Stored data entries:
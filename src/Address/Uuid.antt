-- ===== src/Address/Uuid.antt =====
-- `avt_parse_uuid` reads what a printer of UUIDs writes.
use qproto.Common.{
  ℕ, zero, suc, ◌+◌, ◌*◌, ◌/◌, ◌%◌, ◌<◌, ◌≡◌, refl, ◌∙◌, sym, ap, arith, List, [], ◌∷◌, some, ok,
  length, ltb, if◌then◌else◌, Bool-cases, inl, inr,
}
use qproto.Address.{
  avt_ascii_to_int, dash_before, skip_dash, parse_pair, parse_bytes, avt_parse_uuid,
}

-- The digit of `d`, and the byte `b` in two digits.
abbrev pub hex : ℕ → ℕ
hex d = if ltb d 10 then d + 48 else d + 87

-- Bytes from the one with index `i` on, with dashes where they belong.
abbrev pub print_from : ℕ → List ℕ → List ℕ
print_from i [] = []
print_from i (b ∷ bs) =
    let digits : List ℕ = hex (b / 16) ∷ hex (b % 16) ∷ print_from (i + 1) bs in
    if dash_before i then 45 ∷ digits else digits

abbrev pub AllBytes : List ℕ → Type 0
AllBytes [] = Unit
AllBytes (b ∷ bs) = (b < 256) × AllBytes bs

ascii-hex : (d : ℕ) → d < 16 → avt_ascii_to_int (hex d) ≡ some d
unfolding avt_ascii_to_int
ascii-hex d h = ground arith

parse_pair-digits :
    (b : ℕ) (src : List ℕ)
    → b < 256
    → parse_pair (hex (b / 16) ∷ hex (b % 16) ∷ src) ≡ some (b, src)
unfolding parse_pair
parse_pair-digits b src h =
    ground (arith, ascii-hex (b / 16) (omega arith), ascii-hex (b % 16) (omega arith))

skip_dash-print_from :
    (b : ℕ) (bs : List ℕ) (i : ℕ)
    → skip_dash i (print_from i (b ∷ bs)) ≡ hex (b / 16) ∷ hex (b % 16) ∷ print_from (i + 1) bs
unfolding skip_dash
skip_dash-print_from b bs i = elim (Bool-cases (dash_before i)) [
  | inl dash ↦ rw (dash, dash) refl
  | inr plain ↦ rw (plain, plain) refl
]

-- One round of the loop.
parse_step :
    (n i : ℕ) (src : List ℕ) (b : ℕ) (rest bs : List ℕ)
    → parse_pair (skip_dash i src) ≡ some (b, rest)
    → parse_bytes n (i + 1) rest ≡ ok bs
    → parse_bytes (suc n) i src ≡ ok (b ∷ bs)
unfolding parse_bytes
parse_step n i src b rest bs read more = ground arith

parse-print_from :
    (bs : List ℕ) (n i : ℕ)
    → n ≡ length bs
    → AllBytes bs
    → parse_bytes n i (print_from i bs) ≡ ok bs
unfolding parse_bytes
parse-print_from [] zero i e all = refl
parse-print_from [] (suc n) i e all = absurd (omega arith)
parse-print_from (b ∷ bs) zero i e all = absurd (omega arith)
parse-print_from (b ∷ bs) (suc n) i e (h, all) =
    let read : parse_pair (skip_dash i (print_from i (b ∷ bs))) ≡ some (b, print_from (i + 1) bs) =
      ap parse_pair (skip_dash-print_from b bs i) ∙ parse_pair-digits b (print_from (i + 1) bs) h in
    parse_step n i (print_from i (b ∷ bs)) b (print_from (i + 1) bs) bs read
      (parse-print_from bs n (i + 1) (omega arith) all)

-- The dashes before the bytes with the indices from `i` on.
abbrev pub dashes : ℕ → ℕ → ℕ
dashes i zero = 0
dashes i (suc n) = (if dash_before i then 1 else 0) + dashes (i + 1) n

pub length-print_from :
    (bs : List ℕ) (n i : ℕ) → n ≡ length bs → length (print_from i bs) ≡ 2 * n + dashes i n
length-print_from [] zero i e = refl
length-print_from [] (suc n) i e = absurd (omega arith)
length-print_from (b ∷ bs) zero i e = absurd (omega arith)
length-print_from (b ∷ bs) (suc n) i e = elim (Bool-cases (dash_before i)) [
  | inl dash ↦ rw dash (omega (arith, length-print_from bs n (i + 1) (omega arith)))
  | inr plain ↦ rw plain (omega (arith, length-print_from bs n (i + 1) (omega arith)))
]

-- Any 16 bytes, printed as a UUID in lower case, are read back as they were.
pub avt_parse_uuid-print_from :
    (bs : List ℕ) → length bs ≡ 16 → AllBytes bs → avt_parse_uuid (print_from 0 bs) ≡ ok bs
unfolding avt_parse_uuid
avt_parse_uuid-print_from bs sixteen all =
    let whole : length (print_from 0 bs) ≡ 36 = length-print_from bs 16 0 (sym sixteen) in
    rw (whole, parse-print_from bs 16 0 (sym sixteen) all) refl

...

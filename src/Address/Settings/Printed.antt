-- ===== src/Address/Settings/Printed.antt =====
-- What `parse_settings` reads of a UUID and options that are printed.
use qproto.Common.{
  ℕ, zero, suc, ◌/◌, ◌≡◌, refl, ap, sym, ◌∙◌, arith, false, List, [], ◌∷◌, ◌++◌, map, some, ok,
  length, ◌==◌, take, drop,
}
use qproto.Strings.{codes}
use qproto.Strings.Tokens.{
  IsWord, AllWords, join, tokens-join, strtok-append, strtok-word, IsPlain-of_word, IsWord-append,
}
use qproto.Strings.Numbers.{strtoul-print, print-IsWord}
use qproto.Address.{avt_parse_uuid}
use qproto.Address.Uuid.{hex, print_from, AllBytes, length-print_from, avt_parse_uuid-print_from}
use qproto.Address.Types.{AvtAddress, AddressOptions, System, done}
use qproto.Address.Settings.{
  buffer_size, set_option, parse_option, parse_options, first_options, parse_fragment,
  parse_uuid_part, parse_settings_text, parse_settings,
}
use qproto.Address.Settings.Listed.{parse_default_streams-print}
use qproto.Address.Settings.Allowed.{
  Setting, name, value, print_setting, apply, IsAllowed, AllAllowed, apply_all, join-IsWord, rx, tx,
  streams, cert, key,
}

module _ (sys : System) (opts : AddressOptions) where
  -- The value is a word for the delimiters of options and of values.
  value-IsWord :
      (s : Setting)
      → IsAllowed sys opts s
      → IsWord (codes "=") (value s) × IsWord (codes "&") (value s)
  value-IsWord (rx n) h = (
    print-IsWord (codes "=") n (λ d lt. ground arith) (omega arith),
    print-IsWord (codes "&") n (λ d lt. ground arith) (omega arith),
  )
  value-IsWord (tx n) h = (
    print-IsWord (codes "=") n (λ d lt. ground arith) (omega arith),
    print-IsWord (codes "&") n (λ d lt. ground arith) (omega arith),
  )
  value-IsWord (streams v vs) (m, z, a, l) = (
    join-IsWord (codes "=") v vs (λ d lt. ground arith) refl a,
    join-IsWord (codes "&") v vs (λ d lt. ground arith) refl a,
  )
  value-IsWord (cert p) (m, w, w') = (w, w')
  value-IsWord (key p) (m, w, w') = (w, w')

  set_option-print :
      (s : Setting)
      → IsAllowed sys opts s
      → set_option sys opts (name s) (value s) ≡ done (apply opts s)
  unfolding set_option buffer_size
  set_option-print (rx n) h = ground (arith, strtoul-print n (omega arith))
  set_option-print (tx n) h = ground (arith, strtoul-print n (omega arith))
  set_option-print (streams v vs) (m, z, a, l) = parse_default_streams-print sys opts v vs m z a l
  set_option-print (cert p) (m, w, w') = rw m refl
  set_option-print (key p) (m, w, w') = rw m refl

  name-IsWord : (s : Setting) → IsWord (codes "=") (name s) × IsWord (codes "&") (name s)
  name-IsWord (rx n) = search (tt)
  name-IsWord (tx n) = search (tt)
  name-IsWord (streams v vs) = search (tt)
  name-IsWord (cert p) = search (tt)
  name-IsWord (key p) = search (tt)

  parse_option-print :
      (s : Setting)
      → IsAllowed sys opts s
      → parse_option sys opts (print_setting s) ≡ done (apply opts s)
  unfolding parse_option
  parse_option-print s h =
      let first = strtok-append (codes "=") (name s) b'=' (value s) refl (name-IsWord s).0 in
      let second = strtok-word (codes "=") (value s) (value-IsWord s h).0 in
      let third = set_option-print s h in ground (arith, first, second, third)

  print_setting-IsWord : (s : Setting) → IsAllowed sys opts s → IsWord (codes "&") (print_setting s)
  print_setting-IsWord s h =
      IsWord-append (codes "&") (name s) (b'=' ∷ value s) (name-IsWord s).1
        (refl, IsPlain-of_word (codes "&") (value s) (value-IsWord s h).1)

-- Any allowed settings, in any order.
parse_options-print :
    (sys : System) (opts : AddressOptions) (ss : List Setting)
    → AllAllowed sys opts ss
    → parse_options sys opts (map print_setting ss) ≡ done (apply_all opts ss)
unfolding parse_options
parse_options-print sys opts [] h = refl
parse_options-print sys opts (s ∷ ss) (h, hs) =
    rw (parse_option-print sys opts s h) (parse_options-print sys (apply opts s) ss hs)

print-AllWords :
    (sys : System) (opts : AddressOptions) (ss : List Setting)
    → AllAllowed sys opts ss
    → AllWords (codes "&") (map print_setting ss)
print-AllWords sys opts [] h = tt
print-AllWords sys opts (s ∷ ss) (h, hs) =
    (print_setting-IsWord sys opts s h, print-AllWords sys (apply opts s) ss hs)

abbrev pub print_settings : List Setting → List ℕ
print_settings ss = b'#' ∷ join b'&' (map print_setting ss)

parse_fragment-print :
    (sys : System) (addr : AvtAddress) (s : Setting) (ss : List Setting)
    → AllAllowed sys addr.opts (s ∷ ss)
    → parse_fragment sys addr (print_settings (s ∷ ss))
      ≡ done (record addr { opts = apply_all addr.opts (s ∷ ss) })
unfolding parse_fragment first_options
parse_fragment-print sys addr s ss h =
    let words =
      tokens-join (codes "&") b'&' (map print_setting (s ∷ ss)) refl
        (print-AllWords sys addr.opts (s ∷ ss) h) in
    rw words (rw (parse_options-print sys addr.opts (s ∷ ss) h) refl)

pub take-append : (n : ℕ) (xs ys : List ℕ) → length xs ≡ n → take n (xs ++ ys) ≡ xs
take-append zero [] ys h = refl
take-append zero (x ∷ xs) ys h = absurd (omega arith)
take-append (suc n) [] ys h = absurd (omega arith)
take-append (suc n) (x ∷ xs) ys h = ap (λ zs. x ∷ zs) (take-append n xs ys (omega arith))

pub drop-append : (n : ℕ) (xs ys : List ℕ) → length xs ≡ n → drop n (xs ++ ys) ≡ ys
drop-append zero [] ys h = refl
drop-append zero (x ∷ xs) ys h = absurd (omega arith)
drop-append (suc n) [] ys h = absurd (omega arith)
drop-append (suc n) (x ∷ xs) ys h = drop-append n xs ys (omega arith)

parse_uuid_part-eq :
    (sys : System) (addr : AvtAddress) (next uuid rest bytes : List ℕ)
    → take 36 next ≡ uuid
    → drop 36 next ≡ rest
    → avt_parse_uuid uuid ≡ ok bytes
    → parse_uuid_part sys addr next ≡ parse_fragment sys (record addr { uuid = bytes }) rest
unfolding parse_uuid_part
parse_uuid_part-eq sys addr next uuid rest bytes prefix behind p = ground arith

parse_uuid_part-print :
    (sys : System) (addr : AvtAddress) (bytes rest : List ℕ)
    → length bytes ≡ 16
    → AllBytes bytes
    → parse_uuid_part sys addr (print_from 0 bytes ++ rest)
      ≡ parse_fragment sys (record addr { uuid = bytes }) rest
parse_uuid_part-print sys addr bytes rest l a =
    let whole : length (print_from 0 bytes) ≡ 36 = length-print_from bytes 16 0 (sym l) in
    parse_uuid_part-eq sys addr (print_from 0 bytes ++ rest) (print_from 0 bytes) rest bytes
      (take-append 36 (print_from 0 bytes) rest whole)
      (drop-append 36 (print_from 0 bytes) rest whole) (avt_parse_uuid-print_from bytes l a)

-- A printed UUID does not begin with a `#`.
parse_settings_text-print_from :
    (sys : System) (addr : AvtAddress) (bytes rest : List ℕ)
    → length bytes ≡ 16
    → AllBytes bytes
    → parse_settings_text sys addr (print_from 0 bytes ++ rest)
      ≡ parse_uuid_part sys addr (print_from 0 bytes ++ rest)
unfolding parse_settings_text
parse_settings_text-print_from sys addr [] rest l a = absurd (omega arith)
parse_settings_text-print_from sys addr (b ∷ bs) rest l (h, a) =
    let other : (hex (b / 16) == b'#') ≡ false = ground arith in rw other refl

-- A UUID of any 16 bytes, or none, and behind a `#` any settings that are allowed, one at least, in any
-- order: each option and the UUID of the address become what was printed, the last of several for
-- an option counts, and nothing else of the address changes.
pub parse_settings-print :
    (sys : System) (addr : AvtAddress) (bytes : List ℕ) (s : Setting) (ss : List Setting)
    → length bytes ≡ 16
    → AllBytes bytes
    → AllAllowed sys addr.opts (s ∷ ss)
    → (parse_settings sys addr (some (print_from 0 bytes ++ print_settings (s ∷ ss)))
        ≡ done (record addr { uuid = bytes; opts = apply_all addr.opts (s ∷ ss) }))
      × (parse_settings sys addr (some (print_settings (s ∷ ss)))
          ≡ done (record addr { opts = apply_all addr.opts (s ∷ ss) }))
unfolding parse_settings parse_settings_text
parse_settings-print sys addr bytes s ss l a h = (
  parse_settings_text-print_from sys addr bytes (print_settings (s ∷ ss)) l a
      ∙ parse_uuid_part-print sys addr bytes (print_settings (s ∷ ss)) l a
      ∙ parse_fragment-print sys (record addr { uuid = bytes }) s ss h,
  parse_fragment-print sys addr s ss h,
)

◆ Work task:
Given the records above, return exactly the lines starting at the line containing "set_option-print (streams v" and ending at the line containing "name-IsWord (key p) = search (tt)", including both.

◆ Task result:
  set_option-print (streams v vs) (m, z, a, l) = parse_default_streams-print sys opts v vs m z a l
  set_option-print (cert p) (m, w, w') = rw m refl
  set_option-print (key p) (m, w, w') = rw m refl

  name-IsWord : (s : Setting) → IsWord (codes "=") (name s) × IsWord (codes "&") (name s)
  name-IsWord (rx n) = search (tt)
  name-IsWord (tx n) = search (tt)
  name-IsWord (streams v vs) = search (tt)
  name-IsWord (cert p) = search (tt)
  name-IsWord (key p) = search (tt)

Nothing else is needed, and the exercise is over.